- **Problem to work on**:
Go through the records and give the number of lines that include "ground", with nothing else.
--------
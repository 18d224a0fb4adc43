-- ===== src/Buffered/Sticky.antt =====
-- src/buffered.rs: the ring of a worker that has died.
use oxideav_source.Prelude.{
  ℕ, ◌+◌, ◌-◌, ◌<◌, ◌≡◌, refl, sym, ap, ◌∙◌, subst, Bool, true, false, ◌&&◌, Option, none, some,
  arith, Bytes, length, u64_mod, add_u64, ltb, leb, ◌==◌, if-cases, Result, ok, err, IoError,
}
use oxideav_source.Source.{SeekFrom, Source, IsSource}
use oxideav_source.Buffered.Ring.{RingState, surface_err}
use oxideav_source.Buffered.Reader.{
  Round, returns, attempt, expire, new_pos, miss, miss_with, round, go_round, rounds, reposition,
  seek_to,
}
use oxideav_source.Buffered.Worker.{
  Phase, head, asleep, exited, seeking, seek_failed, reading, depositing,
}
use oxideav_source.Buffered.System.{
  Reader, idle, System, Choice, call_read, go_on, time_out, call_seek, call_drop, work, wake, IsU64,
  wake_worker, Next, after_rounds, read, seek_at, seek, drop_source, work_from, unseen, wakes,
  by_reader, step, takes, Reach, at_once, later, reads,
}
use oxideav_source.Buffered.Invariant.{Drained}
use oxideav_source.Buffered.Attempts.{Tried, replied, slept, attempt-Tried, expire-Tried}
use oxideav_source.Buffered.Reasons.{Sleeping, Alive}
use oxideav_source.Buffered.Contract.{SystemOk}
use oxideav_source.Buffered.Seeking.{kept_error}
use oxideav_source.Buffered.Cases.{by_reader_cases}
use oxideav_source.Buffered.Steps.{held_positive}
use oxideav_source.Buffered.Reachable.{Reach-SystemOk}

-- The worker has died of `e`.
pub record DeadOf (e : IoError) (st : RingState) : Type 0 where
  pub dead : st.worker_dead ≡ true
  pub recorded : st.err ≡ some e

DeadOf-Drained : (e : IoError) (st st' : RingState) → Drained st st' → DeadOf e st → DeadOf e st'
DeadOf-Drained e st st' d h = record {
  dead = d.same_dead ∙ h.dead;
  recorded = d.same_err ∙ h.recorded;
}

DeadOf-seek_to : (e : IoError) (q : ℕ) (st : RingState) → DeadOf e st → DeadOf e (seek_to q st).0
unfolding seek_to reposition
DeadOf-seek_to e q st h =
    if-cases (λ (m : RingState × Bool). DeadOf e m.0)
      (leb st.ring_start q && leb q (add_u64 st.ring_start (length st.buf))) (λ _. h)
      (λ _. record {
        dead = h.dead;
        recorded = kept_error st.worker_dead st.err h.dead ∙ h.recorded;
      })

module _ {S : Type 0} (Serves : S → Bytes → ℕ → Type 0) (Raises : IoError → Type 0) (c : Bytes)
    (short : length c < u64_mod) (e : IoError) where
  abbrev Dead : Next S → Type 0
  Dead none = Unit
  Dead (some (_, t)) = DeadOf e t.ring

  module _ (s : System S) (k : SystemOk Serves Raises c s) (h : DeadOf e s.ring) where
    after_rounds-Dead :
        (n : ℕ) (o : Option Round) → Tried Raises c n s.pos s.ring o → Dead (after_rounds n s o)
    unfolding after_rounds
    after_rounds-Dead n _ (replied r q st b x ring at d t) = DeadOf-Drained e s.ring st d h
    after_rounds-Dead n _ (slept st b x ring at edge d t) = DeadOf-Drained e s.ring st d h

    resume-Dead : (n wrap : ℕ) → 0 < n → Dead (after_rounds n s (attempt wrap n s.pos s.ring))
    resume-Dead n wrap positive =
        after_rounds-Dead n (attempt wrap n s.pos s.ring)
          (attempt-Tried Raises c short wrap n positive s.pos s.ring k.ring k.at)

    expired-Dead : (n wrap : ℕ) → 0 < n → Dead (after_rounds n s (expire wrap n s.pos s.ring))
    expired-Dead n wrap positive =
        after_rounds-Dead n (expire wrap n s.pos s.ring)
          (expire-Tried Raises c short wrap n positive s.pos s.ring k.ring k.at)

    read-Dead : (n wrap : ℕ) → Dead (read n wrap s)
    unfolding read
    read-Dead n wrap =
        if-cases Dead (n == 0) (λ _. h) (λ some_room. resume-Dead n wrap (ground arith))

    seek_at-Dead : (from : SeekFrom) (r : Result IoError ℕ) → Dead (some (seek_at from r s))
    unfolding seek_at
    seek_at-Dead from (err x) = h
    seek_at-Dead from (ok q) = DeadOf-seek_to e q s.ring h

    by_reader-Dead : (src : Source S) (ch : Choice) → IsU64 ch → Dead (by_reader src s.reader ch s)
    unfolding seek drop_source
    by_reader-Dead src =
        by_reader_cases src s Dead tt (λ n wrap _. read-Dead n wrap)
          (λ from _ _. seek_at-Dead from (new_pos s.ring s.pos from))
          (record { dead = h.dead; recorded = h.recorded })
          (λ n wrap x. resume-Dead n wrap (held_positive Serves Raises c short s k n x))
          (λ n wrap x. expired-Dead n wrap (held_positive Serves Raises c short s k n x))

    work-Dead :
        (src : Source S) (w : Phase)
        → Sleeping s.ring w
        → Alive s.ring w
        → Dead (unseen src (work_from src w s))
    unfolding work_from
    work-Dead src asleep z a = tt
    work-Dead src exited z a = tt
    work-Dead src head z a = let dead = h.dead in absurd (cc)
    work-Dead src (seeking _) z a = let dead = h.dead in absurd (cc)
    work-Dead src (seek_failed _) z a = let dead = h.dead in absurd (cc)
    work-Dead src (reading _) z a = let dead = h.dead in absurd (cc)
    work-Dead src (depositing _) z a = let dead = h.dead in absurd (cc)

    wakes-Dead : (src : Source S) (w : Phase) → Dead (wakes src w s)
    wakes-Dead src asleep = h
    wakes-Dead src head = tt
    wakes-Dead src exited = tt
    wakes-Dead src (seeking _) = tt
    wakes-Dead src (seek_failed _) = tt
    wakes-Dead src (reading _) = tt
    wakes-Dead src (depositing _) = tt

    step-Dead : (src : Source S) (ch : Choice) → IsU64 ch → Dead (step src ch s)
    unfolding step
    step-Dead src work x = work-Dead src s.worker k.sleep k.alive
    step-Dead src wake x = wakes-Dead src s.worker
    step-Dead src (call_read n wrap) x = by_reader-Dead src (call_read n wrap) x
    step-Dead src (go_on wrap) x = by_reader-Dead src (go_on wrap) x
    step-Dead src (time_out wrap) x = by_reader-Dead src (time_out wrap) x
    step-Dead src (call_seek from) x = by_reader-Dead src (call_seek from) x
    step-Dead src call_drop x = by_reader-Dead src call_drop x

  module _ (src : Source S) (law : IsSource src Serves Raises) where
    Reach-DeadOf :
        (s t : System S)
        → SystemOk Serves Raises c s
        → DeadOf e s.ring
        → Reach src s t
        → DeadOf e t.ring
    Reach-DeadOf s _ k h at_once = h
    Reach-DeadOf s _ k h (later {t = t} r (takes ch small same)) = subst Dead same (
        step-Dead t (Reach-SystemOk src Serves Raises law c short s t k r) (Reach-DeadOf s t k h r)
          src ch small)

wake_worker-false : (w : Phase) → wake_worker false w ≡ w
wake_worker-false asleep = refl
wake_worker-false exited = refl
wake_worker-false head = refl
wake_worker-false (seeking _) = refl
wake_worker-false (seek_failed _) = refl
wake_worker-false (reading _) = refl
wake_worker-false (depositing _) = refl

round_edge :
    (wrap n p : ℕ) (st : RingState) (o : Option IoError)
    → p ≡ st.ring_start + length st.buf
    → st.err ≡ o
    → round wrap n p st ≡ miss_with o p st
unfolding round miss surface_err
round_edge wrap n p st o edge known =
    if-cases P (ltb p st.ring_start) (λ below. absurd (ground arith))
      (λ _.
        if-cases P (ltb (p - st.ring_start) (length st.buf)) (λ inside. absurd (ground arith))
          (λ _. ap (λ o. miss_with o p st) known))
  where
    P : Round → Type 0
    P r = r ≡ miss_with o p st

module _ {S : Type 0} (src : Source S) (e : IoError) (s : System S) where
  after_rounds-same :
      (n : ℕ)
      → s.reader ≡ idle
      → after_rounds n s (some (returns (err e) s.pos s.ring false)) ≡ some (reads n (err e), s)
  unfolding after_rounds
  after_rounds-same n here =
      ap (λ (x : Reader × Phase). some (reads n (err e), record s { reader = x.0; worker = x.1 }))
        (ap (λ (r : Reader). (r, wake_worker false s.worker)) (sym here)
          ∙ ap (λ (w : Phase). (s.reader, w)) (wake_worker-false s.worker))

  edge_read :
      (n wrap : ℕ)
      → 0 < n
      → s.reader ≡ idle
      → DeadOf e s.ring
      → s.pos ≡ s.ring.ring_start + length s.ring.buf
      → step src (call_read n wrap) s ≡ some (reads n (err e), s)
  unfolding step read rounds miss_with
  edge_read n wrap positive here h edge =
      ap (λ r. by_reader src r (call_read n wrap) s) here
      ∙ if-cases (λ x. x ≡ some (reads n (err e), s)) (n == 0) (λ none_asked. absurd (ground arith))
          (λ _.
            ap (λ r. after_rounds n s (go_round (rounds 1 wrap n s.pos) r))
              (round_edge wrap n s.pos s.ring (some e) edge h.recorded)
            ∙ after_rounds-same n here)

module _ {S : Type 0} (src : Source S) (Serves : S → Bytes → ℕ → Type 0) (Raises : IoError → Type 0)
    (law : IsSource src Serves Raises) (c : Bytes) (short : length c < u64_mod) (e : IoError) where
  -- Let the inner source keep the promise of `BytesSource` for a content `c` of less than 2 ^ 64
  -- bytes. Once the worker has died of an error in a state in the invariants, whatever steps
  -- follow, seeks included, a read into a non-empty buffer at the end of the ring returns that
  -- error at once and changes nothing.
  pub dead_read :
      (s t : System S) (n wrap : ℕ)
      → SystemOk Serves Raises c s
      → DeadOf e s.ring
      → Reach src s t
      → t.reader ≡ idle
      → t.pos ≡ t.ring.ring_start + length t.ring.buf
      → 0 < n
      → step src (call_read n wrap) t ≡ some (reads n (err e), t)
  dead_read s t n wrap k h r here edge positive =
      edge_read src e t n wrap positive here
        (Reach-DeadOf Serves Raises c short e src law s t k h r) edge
--------
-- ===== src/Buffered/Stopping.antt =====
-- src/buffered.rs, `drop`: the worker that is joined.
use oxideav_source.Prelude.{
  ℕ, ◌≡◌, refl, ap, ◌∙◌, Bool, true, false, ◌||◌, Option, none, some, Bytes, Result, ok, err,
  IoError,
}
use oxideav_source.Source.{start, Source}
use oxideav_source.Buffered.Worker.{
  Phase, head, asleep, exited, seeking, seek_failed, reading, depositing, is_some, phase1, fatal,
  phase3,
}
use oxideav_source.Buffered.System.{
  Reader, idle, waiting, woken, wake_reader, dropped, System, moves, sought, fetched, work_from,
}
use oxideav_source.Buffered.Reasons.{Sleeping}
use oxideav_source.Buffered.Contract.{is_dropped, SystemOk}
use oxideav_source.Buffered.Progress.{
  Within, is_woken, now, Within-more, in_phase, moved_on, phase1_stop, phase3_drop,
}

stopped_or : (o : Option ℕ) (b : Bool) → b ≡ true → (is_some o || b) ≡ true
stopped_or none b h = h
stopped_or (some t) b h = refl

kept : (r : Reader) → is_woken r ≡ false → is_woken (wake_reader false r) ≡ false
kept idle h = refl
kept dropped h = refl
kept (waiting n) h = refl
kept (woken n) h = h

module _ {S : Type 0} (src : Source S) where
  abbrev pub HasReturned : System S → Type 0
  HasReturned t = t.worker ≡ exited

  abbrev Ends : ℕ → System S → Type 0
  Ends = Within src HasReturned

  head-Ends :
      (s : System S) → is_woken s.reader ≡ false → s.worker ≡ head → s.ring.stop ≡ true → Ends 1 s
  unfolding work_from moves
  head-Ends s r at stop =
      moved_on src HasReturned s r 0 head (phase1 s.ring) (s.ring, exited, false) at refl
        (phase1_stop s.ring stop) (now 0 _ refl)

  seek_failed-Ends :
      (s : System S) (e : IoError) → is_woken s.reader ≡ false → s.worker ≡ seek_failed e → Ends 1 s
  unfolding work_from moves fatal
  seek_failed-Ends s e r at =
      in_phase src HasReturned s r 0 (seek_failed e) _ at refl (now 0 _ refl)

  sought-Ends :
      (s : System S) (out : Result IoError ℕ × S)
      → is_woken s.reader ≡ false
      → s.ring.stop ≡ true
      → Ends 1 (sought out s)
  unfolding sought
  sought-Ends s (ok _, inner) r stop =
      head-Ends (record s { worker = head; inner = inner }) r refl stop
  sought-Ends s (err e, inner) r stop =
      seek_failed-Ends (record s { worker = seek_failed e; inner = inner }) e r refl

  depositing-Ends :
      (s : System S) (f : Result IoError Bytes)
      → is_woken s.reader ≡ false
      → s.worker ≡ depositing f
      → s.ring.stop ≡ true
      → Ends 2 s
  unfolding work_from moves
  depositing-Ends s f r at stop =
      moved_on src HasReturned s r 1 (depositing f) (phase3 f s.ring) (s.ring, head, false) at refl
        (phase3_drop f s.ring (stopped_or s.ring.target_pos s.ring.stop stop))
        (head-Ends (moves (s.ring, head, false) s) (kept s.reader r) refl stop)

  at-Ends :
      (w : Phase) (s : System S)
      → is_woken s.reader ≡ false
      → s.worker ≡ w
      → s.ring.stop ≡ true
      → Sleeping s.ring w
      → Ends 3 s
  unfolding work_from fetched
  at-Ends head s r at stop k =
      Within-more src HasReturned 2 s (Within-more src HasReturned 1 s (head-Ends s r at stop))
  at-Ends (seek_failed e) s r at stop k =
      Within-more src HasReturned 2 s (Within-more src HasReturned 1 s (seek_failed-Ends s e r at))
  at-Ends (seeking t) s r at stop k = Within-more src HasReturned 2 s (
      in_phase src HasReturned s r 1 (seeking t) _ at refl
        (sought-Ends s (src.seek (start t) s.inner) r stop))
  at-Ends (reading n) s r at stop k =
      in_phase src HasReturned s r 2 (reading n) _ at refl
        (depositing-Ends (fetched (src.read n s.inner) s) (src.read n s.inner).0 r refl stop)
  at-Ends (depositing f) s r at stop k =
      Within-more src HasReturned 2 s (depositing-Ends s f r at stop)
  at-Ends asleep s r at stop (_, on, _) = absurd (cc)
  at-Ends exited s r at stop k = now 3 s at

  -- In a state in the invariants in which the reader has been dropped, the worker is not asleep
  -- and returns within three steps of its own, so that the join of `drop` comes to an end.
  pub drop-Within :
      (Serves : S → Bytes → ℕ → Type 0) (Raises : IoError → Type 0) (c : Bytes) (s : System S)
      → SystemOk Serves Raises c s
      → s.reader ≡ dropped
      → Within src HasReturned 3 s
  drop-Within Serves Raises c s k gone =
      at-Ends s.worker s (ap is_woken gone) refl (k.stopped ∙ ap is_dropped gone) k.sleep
--------
- **Answer for the task**:
4